Central Board of Film Censors Punjab Film Censor Board Sindh Board of Film Censors
- Formation: 1963; 63 years ago
- Purpose: Film Certification
- Headquarters: Central: Islamabad Punjab: Lahore Sindh: Karachi
- Region served: Central: Islamabad; Rawalpindi; Cantonments; Khyber Pakhtunkhwa; Balochistan; Punjab: Punjab Sindh: Sindh
- Parent organisation: Central: Ministry of Information & Broadcasting Punjab: Government of Punjab Sindh: Government of Sindh

= Central Board of Film Censors =

Pakistani film censorship board

The Central Board of Film Censors (CBFC; ) is a film censorship board and rating system body under the Ministry of Information & Broadcasting for the Government of Pakistan. Since the Eighteenth Amendment to the Constitution of Pakistan its jurisdiction has been limited to Islamabad, Rawalpindi, Cantonments, Khyber Pakhtunkhwa and Balochistan; with separate censor boards for Punjab (Punjab Film Censor Board, PFCB) and Sindh (Sindh Board of Film Censors, SBFC) headquartered in Lahore and Karachi respectively. Though the CBFC maintains an unofficial dominant position over the latter boards.

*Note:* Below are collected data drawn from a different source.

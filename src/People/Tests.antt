-- ===== src/People/Tests.antt =====
-- Two players of whom one was not seen for long, each with a team, pages of a search, and a team of two
-- that is searched for.
use Prim.Native.String.{String}
use text.Mathlib.Text.{◌==◌ as str_eq}
use mathlib.Core.List.{Perm}
use mathlib.Core.List.Perm
use rankedftw.Enums.{key_get, id_get, id_by_keys, key_by_ids, name_by_ids}
use rankedftw.Enums.Mode as Mode
use rankedftw.People.Members.{get_team_id-perm}
use rankedftw.People.Theirs.{IsTeamOf, get_team_id-IsTeamOf}
use rankedftw.People.Teams.{
  gives, get_players, team_by_ids, get_team_id, team_page, mode_of, outcome_status,
}
use rankedftw.Remote.Profiles.{Expressions, get_bnet_profile_url_info}
use rankedftw.Prelude.Int.{ℤ, pos}
use rankedftw.People.Purge.{purge_rankings, purge_player_data, all_but_last, rankings_of}
use rankedftw.People.{StoredPlayer, StoredTeam, People}
use rankedftw.People.Left.{
  IsPurged, SameObjects, AreSeen, purge_player_data-IsPurged, purge_player_data-SameObjects,
}
use rankedftw.People.Listed.{show_page-next}
use rankedftw.People.Search.{show_page}
use rankedftw.Prelude.{
  ℕ, ◌+◌, ◌*◌, Bool, false, none, some, List, [], ◌∷◌, map, length, replicate, ltb, if◌then◌else◌,
  ◌≡◌, inl, inr, refl, arith,
}
use rankedftw.Prelude.Clock.{Day}
use rankedftw.Prelude.Result.{Result, ok}
use rankedftw.Prelude.Sort.{sort_by, insert_by}
use rankedftw.Store.{Ranking, Db}
use rankedftw.Store.Sample.{sample_db, sample_ranking}

abbrev player_of : ℕ → Day → StoredPlayer
player_of id last_seen = record {
  id = id;
  region = pos 0;
  bid = id;
  realm = 1;
  name = "player";
  tag = "";
  clan = "";
  season_id = some 29;
  mode = none;
  league = none;
  race = none;
  last_seen = last_seen;
}

abbrev stored_team : ℕ → ℕ → Day → StoredTeam
stored_team id player last_seen = record {
  id = id;
  region = pos 0;
  mode = pos 11;
  season_id = some 29;
  version = none;
  league = pos 0;
  member0 = some player;
  member1 = none;
  member2 = none;
  member3 = none;
  last_seen = last_seen;
}

abbrev people : People
people = record {
  players = player_of 1 80 ∷ player_of 2 20 ∷ [];
  teams = stored_team 1 1 80 ∷ stored_team 2 2 15 ∷ [];
}

abbrev db : Db
db = record sample_db { rankings = record sample_ranking { id = 6 } ∷ sample_ranking ∷ [] }

abbrev go_on : ℕ → Bool
go_on id = false

abbrev works : ℕ → Result (Unit {0})
works id = ok tt

people-AreSeen : AreSeen people
people-AreSeen = ((inr (omega arith), (inl refl, tt)), ((inl refl, (inr (omega arith), tt)), tt))

players_left :
    map (λ (p : StoredPlayer). p.id) (purge_player_data go_on works 50 db people).people.players
    ≡ 1 ∷ []
unfolding purge_rankings sort_by insert_by
players_left = refl

purge_player_data-IsPurged_example :
    ((purge_player_data go_on works 50 db people).result ≡ ok tt)
    × ((purge_player_data go_on works 50 db people).rankings
        ≡ map (λ (r : Ranking). r.id) (all_but_last (rankings_of go_on works 50 db)))
    × IsPurged 50 (purge_player_data go_on works 50 db people).people
purge_player_data-IsPurged_example =
    purge_player_data-IsPurged 50 go_on works db people (λ i. refl) (λ i. refl) people-AreSeen

purge_player_data-SameObjects_example :
    SameObjects 50 people (purge_player_data go_on works 50 db people).people
purge_player_data-SameObjects_example = purge_player_data-SameObjects 50 go_on works db people

abbrev found : List StoredPlayer
found = replicate 40 (player_of 1 80)

show_page-next_example :
    (show_page (1 * 32) found).next
    ≡ (if ltb (1 * 32 + 32) (length found) then some (1 * 32 + 32) else none)
show_page-next_example = show_page-next 1 found (omega arith)

-- With no row that is found there is no last page, so that a next one is shown.
next_of_none : (show_page 0 []).next ≡ some 32
unfolding show_page
next_of_none = refl

-- Addresses by the last number in them.
abbrev urls_of : Expressions
urls_of = record {
  new_style = λ url. some ("2", 1, if str_eq url "starcraft2.com/2/1/3" then 3 else 1);
  legacy = λ url. none;
}

abbrev pair_team : StoredTeam
pair_team = record (stored_team 9 1 80) { mode = Mode.team_2v2; member1 = some 3 }

abbrev pairs : People
pairs = record {
  players = player_of 1 80 ∷ player_of 3 80 ∷ [];
  teams = stored_team 1 1 80 ∷ pair_team ∷ [];
}

abbrev urls : List String
urls = "starcraft2.com/2/1/3" ∷ "starcraft2.com/2/1/1" ∷ []

abbrev swapped : List String
swapped = "starcraft2.com/2/1/1" ∷ "starcraft2.com/2/1/3" ∷ []

players_found : get_players urls_of 50 pairs urls ≡ gives (player_of 3 80 ∷ player_of 1 80 ∷ [])
unfolding get_players get_bnet_profile_url_info key_get
players_found = refl

team_found : get_team_id urls_of 50 pairs "team-2v2" urls ≡ gives 9
unfolding get_team_id get_players get_bnet_profile_url_info team_by_ids sort_by insert_by key_get
    id_by_keys id_get Mode.team_size
team_found = refl

-- The mode of one player does not go with two.
team_refused : outcome_status (get_team_id urls_of 50 pairs "1v1" urls) ≡ 400
unfolding get_team_id get_players get_bnet_profile_url_info team_by_ids sort_by insert_by key_get
    id_by_keys id_get Mode.team_size
team_refused = refl

page_of_team : outcome_status (team_page 50 pairs (some 29) 9) ≡ 200
unfolding team_page id_get name_by_ids key_by_ids
page_of_team = refl

get_team_id-perm_example :
    get_team_id urls_of 50 pairs "team-2v2" urls ≡ get_team_id urls_of 50 pairs "team-2v2" swapped
get_team_id-perm_example =
    get_team_id-perm urls_of 50 pairs "team-2v2" urls swapped (player_of 3 80 ∷ player_of 1 80 ∷ [])
      (Perm.swap "starcraft2.com/2/1/1" "starcraft2.com/2/1/3" []) players_found

get_team_id-IsTeamOf_example :
    (mode_id : ℤ) × (players : List StoredPlayer) × (ids : List ℕ) × (mode_of
        (key_get "team-2v2" (id_by_keys Mode.mapping))
      ≡ some mode_id)
    × (get_players urls_of 50 pairs urls ≡ gives players)
    × Perm ids (map (λ (p : StoredPlayer). p.id) players)
    × IsTeamOf mode_id 50 pairs ids 9
get_team_id-IsTeamOf_example = get_team_id-IsTeamOf urls_of 50 pairs "team-2v2" urls 9 team_found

These boards are tasked with regulating the public screening of films under the provisions of the Motion Picture Ordinance, 1979.

==Function==
The Motion Pictures Ordinance, 1979 focuses upon a broad policy framework and administrative procedures for the certification of films for public screening. The film censorship code covers wide aspects of "morals and ethnics" which lays down the guiding principles for cinema in Pakistan. Strict policy has been adopted to ensure that no scene or dialogue in a film is passed which is considered "derogatory to the accepted moral standards of the society". Certifications is refused if, in the opinion of the board, the film or any part thereof:
1. ridicules, disparages or attacks Islam or any religious sect, caste and creed.
2. questions the integrity, security or defense of Pakistan or hurts national sentiments.
3. undermines public order, decency or morality, which includes vulgar dialogues, songs, or gestures.
4. glorifies vice or crime or amounts to incitement of a criminal offense.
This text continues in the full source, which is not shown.